The overall impression? The best I can say is that Patou pour Homme
Privé, my previous standard of judgment for the fougère genre, has
nothing on Fougère Royale. Coming from me, that's high and mighty
praise, because until I smelled this, I thought the Patou Privé to be the
pinnacle of green-woody fougères. Fougère Royale is infinitesimally
sharper, but somehow slightly less herbal, and more grounded in the base
note.
One caveat about this: This is not an aromatic fougère of the type of the
late 70's through 80's, like Azzaro pour Homme and others of its type.
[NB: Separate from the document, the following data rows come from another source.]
-- ===== src/Sweep.antt =====
-- `dmaplane_qdepth_sweep`, driver/flow_control.c: the loop of sends and polls at one queue depth, and
-- the search for the depth at which throughput saturates.
pub mod Runs
pub mod Turns
pub mod Saturation
use mathlib.Core.Option
use dmaplane_master.Base.{
  ℕ, zero, suc, ◌+◌, ◌-◌, ◌*◌, ◌/◌, ◌%◌, max, min, Bool, true, false, ◌&&◌, ◌||◌, not, ◌==◌, ltb,
  leb, List, [], ◌∷◌, ◌++◌, Option, none, some, if◌then◌else◌, find_index, take, length, u64_mod,
  u32_mod, add32, sub32, add64, Errno, eio, etimedout,
}
use dmaplane_master.Region.Register.{Polled, completion, nothing, poll_error}

-- `struct dmaplane_sweep_params`, the inputs
pub record SweepParams : Type 0 where
  pub msg_size : ℕ
  pub iterations : ℕ
  pub min_qdepth : ℕ
  pub max_qdepth : ℕ
  pub step : ℕ

abbrev pub max_sweep_points : ℕ
max_sweep_points = 32

-- The tests of the parameters
abbrev pub sweep_refused : SweepParams → Bool
sweep_refused p =
    ltb p.min_qdepth 1
    || ltb 64 p.max_qdepth
    || ltb p.max_qdepth p.min_qdepth
    || ltb p.step 1
    || p.iterations == 0
    || p.msg_size == 0

-- The number of points
abbrev pub sweep_points : SweepParams → ℕ
sweep_points p = min ((p.max_qdepth - p.min_qdepth) / p.step + 1) max_sweep_points

abbrev pub point_qdepth : SweepParams → ℕ → ℕ
point_qdepth p point = p.min_qdepth + point * p.step

-- The counters at one depth, with the latencies that have been written (none where `kvcalloc` of their
-- array failed)
pub record Point : Type 0 where
  pub sent : ℕ
  pub completed : ℕ
  pub recv_posted : ℕ
  pub recv_drained : ℕ
  pub outstanding : ℕ
  pub latencies : Option (List ℕ)

abbrev pub pre_posted : (qdepth iterations : ℕ) → ℕ
pre_posted qdepth iterations = min (qdepth * 2) iterations

abbrev pub point_start : (allocated : Bool) (qdepth iterations : ℕ) → Point
point_start allocated qdepth iterations = record {
  sent = 0;
  completed = 0;
  recv_posted = pre_posted qdepth iterations;
  recv_drained = 0;
  outstanding = 0;
  latencies = if allocated then some [] else none;
}

-- What one turn is answered: the error of the i-th send, if any; the poll; the latency of the send that
-- it completes; how many receives are drained; whether a receive is taken
pub record SweepTurn : Type 0 where
  pub send : ℕ → Option Errno
  pub poll : Polled
  pub latency : ℕ
  pub drained : ℕ
  pub reposted : Bool

pub data SweepEnd : Type 0 where
  finished running : SweepEnd
  aborted : Errno → SweepEnd

-- The inner loop of sends, with at most `n` rounds left and `i` done: the error that ends it, if any
unfoldable pub send_all :
    (ℕ → Option Errno) → (qdepth iterations n i : ℕ) → Point → Option Errno × Point
send_all send qdepth iterations zero i p = (none, p)
send_all send qdepth iterations (suc n) i p =
    let rest =
      send_all send qdepth iterations n (suc i)
        (record p { sent = p.sent + 1; outstanding = p.outstanding + 1 }) in
    if ltb p.sent iterations && ltb p.outstanding qdepth
    then (elim (send i) [ none ↦ rest | some e ↦ (some e, p) ])
    else (none, p)

-- A completion: the latency, the counters, the receives that are drained, and one posted again
unfoldable pub complete_one : (iterations : ℕ) → SweepTurn → Point → Point
complete_one iterations t p = record p {
  latencies = Option.map (λ xs. xs ++ (t.latency ∷ [])) p.latencies;
  outstanding = sub32 p.outstanding 1;
  completed = p.completed + 1;
  recv_drained = p.recv_drained + t.drained;
  recv_posted =
      if ltb p.recv_posted iterations && t.reposted then p.recv_posted + 1 else p.recv_posted;
}

-- After the poll. An error of the poll is handled by no branch, so that the loop goes on.
unfoldable pub after_poll : (iterations : ℕ) → SweepTurn → Polled → Point → SweepEnd × Point
after_poll iterations t (completion true) p = (running, complete_one iterations t p)
after_poll iterations t (completion false) p = (aborted eio, p)
after_poll iterations t nothing p = (aborted etimedout, p)
after_poll iterations t (poll_error e) p = (running, p)

unfoldable pub after_sends : (iterations : ℕ) → SweepTurn → Option Errno × Point → SweepEnd × Point
after_sends iterations t (some e, p) = (aborted e, p)
after_sends iterations t (none, p) = after_poll iterations t t.poll p

unfoldable pub sweep_turn : (qdepth iterations : ℕ) → SweepTurn → Point → SweepEnd × Point
sweep_turn qdepth iterations t p =
    after_sends iterations t (send_all t.send qdepth iterations (iterations - p.sent) 0 p)

-- The loop, on what its turns are answered
unfoldable pub sweep_loop : (qdepth iterations : ℕ) → List SweepTurn → Point → SweepEnd × Point
sweep_loop qdepth iterations [] p = (if ltb p.completed iterations then running else finished, p)
sweep_loop qdepth iterations (t ∷ ts) p =
    let x = sweep_turn qdepth iterations t p in
    let rest = sweep_loop qdepth iterations ts x.1 in
    if not (ltb p.completed iterations)
    then (finished, p)
    else elim (x.0) [ running ↦ rest | finished ↦ x | aborted e ↦ x ]

-- The index, in 32 bits, of the 99th percentile among the sorted latencies
abbrev pub p99_index : ℕ → ℕ
p99_index completed = (completed * 99 % u32_mod) / 100

-- The throughput of a point, whose entry is left as it was where no time has passed
abbrev pub point_throughput : (old msg_size completed total_ns : ℕ) → ℕ
point_throughput old msg_size completed total_ns =
    if ltb 0 total_ns then (msg_size * completed * 1000 % u64_mod) / total_ns else old

-- The largest throughput
unfoldable pub max_throughput : List ℕ → ℕ
max_throughput [] = 0
max_throughput (x ∷ xs) = max x (max_throughput xs)

abbrev pub threshold : List ℕ → ℕ
threshold xs = (max_throughput xs * 95 % u64_mod) / 100

-- The first point before the last at which the threshold is reached
abbrev pub plateau : List ℕ → Option ℕ
plateau xs = find_index (λ x. leb (threshold xs) x) (take (length xs - 1) xs)

-- The depth that is reported: 0 where there is none
unfoldable pub saturation_qdepth : SweepParams → List ℕ → ℕ
saturation_qdepth p xs =
    if ltb 0 (max_throughput xs) && leb 2 (length xs)
    then (elim (plateau xs) [ none ↦ 0 | some i ↦ point_qdepth p i ])
    else 0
They came nearly a hundred years after Houbigant's first Fougère Royale,
and introduced spicy aromaticity to the notion of fougère. This was a
natural and well-received variation on the genre; yet I feel that the new
Houbigant may hark back to an earlier style of more herbal-green and
woody fougère, an age-of-innocence version of fougère now (or perhaps
until now) largely lost to time. The original 1882 Houbigant Fougère
Royale, if by some miracle there were one left that had not gone off one
bit from its day of manufacture, I imagine, would have been very much like
this.
It's for Houbigant to say whether they found and exactly duplicated the
original formula from some deep and closely-guarded vault. I can only
imagine that it might well have been like this. I don't know what materials
went into the re-release or how they were sourced, though I am told that
the process of perfecting this was long and went through many iterations. I
would like to imagine that I am not smelling any note that was not
available to perfumers in 1882, whether from a natural or reconstructed
synthetic source. Somehow, to me, that is believable.